In our exercise, the food department is kept at \( -12^\circ \mathrm{C} \) while the environment is at \( 30^\circ \mathrm{C} \). The 'heat transfer' to the food department, or the 'heat load', is given as 3300 kJ/h, indicating the amount of thermal energy entering the refrigerator's cooled space. This heat is subsequently absorbed by the evaporator, a component of the refrigeration cycle that typically contains a cold refrigerant which absorbs heat as it vaporizes.

The heat is then transported to the condenser, where it is released at a higher temperature to the outside environment. This process effectively keeps the food department cold and is the principle upon which refrigerators operate. When we talk about the 'heat rejection in the condenser' at 4800 kJ/h, we refer to the heat being expelled outside, typically more than the amount of heat absorbed due to the work done by the compressor, which is part of the energy that is being conserved and transferred during the refrigeration cycle.

Coefficient of Performance (COP) in Refrigerators

The Coefficient of Performance (COP) is an important measure in refrigeration and heat pump systems, representing the efficiency of the system's heat transfer process. It is calculated as the ratio of useful heating or cooling provided to the work required. In the language of our refrigerator example, COP is the ratio of the heat removed from the inside of the refrigerator to the work done by the compressor (electrical energy input).

To understand this better, let's take the final calculated COP from our exercise, which is around 2.20. This indicates that for every unit of work (energy) the compressor uses, it transfers approximately 2.20 units of heat from the food department. A higher COP means a more efficient refrigerator, as it requires less energy to transfer a certain amount of heat.

An important point to note for students is that COP is a unitless measure because it represents a ratio of energies (or powers, which are simply rates of energy transfer) that are typically measured in the same unit.

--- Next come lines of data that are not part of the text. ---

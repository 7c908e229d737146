-- ===== src/Task/Thread.antt =====
-- Kernel threads: kernel/thread.c. What a thread's function does is not modelled, and neither is
-- thread_foo, which calls it.
pub mod Laws
mod Tests
use ann.Base.{
  ℕ, zero, suc, ◌+◌, ◌-◌, ◌%◌, ◌^◌, Option, none, some, Bool, true, false, if◌then◌else◌,
}
use ann.LinkedList.{ListOps}
use ann.CString.{Bytes}
use ann.Memory.Layout.{page_size, round_down, user_stack_top, u64}
use ann.Memory.Machine.{Machine, Cmd, Run, ok, pure, ◌>>=◌, ◌>>◌}
use ann.Task.{
  TaskContext, TaskState, ready, run, dont_run, free, Task, Kernel, TaskPtr, in_array, task_at,
  set_task,
}
use ann.Task.Create.{Step, returns, panics, faults, on_machine, task_new}
use ann.Task.Load.{map_new, write_bytes, cleanup}

-- GD_KT and GD_KD
abbrev pub text_segment : ℕ
text_segment = 0x0008

abbrev pub data_segment : ℕ
data_segment = 0x0010

-- The copy of the argument below the top of the stack, or none for NULL
abbrev pub data_ptr : Option Bytes → ℕ → ℕ
data_ptr none size = 0
data_ptr (some arg) size = round_down (u64 (user_stack_top + 2 ^ 64 - size)) 8

abbrev pub stack_under : Option Bytes → ℕ → ℕ
stack_under none size = user_stack_top
stack_under (some arg) size = data_ptr (some arg) size

abbrev pub copy_data : (pml4 : ℕ) → Option Bytes → ℕ → Cmd (Unit {0})
copy_data pml4 none size = pure tt
copy_data pml4 (some arg) size = write_bytes size 0 pml4 (data_ptr (some arg) size) arg

-- The stack of a thread: the argument, and a return address of 0.
unfoldable pub fill_stack : (pml4 : ℕ) → Option Bytes → ℕ → Cmd (Unit {0})
fill_stack pml4 arg size =
    copy_data pml4 arg size
    >> write_bytes 8 0 pml4 (u64 (stack_under arg size + 2 ^ 64 - 8)) (λ i. 0)

-- The registers that a thread starts with; `task` is the address of its struct, `start` that of
-- thread_foo.
abbrev pub thread_context : (task start foo : ℕ) → Option Bytes → ℕ → TaskContext → TaskContext
thread_context task start foo arg size c = record c {
  gprs = record (c.gprs) { rdi = task; rsi = foo; rdx = data_ptr arg size };
  cs = text_segment;
  ds = data_segment;
  es = data_segment;
  ss = data_segment;
  rip = start;
  rsp = u64 (stack_under arg size + 2 ^ 64 - 8);
}

abbrev pub thread_ready :
    (i : ℕ) → (TaskContext → TaskContext) → Unit {0} → Kernel → Step (Option ℕ)
thread_ready i context _ k =
    returns (some i)
      (set_task k (in_array i) (record (k.tasks i) { context = context ((k.tasks i).context) }))

module _ ⦃q : ListOps⦄ where
  -- thread_create behind the stack's page; cr3 is as before when the stack is filled.
  abbrev pub prepare :
      (address : ℕ → ℕ)
      → (start foo i pml4 : ℕ) → Option Bytes
      → ℕ
      → Bool
      → Kernel
      → Step (Option ℕ)
  prepare address start foo i pml4 arg size true k =
      on_machine (fill_stack pml4 arg size)
        (thread_ready i (thread_context (address i) start foo arg size)) k
  prepare address start foo i pml4 arg size false k = cleanup none i k

  -- thread_create with the new task `i`
  unfoldable pub thread_in :
      (address : ℕ → ℕ) → (start foo i : ℕ) → Option Bytes → ℕ → Kernel → Step (Option ℕ)
  thread_in address start foo i arg size k = elim ((k.tasks i).pml4) [
    | none ↦ faults
    | some pml4 ↦
        on_machine (map_new pml4 (user_stack_top - page_size))
          (prepare address start foo i pml4 arg size) k
  ]

  unfoldable pub thread_create :
      (address : ℕ → ℕ)
      → (start : ℕ) → Bytes
      → (foo : ℕ) → Option Bytes
      → ℕ
      → Kernel
      → Step (Option ℕ)
  thread_create address start name foo arg size k = elim (task_new name k) [
    | panics ↦ panics
    | faults ↦ faults
    | returns none k1 ↦ returns none k1
    | returns (some i) k1 ↦ thread_in address start foo i arg size k1
  ]

-- `thread->state == TASK_STATE_DONT_RUN`
abbrev pub waits : TaskState → Bool
waits dont_run = true
waits _ = false

unfoldable pub thread_run : TaskPtr → Kernel → Step (Unit {0})
thread_run thread k =
    let t = task_at k thread in
    if waits t.state then returns tt (set_task k thread (record t { state = ready })) else panics
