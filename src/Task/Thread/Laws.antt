-- ===== src/Task/Thread/Laws.antt =====
-- The stack of a new thread.
use ann.Base.{
  ℕ, ◌+◌, ◌-◌, ◌*◌, ◌/◌, ◌%◌, ◌≤◌, Option, none, some, Bool, true, false, ◌≡◌, ◌≢◌, arith, has, [],
  ◌⊎◌, length,
}
use ann.LinkedList.{ListOps}
use ann.CString.{Bytes}
use ann.Memory.Layout.{page_size, round_down, user_stack_top}
use ann.Memory.Machine.{Machine}
use ann.Memory.Yields.{Yields}
use ann.Memory.Map.Insert.{mapping}
use ann.Memory.Map.Spaces.{set_page}
use ann.Task.{Kernel, TaskContext}
use ann.Task.Create.{Step, returns}
use ann.Task.Load.{user_page, cleanup}
use ann.Task.Load.NewPages.{Now, NewPage}
use ann.Task.Thread.{stack_under, thread_context, thread_ready}

-- The page below the top of the stack
abbrev pub stack_page : ℕ
stack_page = user_stack_top / page_size - 1

-- Where a thread's stack starts, when the argument leaves room.
pub stack_under-range :
    (arg : Option Bytes) (size : ℕ)
    → size ≤ 4080
    → (stack_page * 4096 + 8 ≤ stack_under arg size)
      × (stack_under arg size ≤ user_stack_top)
      × (stack_under arg size % 8 ≡ 0)
unfolding round_down
stack_under-range none size h = (omega arith, omega arith, omega arith)
stack_under-range (some arg) size h = (omega arith, omega arith, omega arith)

-- A thread with its own stack, ready to start.
pub record Made (roots : ℕ → Bool) (maps : ℕ → ℕ → Option ℕ) (lv : ℕ → ℕ) (k : Kernel) (f i : ℕ)
    (context : TaskContext → TaskContext) (k' : Kernel) : Type 0 where
  pub page : ℕ
  pub lv' : ℕ → ℕ
  pub spaces : Now roots (set_page maps f stack_page (some (mapping page user_page))) lv' k'.machine
  pub new_page : NewPage lv k.machine page lv' k'.machine
  pub starts : (k'.tasks i).context ≡ context ((k.tasks i).context)
  pub keeps : ((k'.tasks i).state ≡ (k.tasks i).state) × ((k'.tasks i).pml4 ≡ (k.tasks i).pml4)
  pub other_tasks : (j : ℕ) → j ≢ i → k'.tasks j ≡ k.tasks j

module _ ⦃q : ListOps⦄ (address : ℕ → ℕ) (start foo i : ℕ) (arg : Option Bytes) (size : ℕ) where
  -- Without memory, the task is given to cleanup.
  abbrev ThreadResult :
      (ℕ → Bool) → (ℕ → ℕ → Option ℕ) → (ℕ → ℕ) → Kernel → ℕ → Step (Option ℕ) → Type 0
  ThreadResult roots maps lv k f r =
      ((k' : Kernel) × (r ≡ returns (some i) k')
        × Made roots maps lv k f i (thread_context (address i) start foo arg size) k')
      ⊎ ((m' : Machine) × (m'.free ≡ [])
          × (length k.machine.free ≤ 4)
          × ((lv' : ℕ → ℕ) × Now roots maps lv' m')
          × (r ≡ cleanup none i (record k { machine = m' })))

  module _ (roots : ℕ → Bool) (maps : ℕ → ℕ → Option ℕ) (lv : ℕ → ℕ) (k : Kernel) (f : ℕ)
      (rf : roots f ≡ true) (s : Now roots maps lv k.machine) (h0 : has 0 k.machine.free ≡ false)
      (own : (k.tasks i).pml4 ≡ some (f * 4096)) (empty : maps f stack_page ≡ none)
      (room : size ≤ 4080) where
    abbrev Ended : Step (Option ℕ) → Type 0
    Ended r = ThreadResult roots maps lv k f r

    abbrev ready_thread : Unit {0} → Kernel → Step (Option ℕ)
    ready_thread = thread_ready i (thread_context (address i) start foo arg size)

Energy Conservation in Thermodynamics

The principle of energy conservation is fundamental to all areas of physics and is especially crucial in thermodynamics, which studies energy and its transformations. According to this principle, energy cannot be created or destroyed, but it can change forms, such as kinetic, potential, thermal, or work.

In our refrigerator scenario, the principle of energy conservation is applied when understanding how the power input to the compressor, heat transfer in the evaporator and condenser, and overall system performance relate to each other. The difference in heat transfer between the condenser and the evaporator quantifies the work done by the compressor. This reflects the conservation of energy within the system, as all the work that is put into the compressor (electrical energy) is converted into moving heat out of the refrigerator (heat energy), minus the losses due to inefficiencies.

Energy conservation in refrigeration ensures that the energy balance is maintained and helps to calculate the system's performance. The exercise clearly demonstrates how energy is conserved and transferred throughout the refrigeration cycle, ultimately enabling us to determine the necessary power input for the compressor in kilowatts.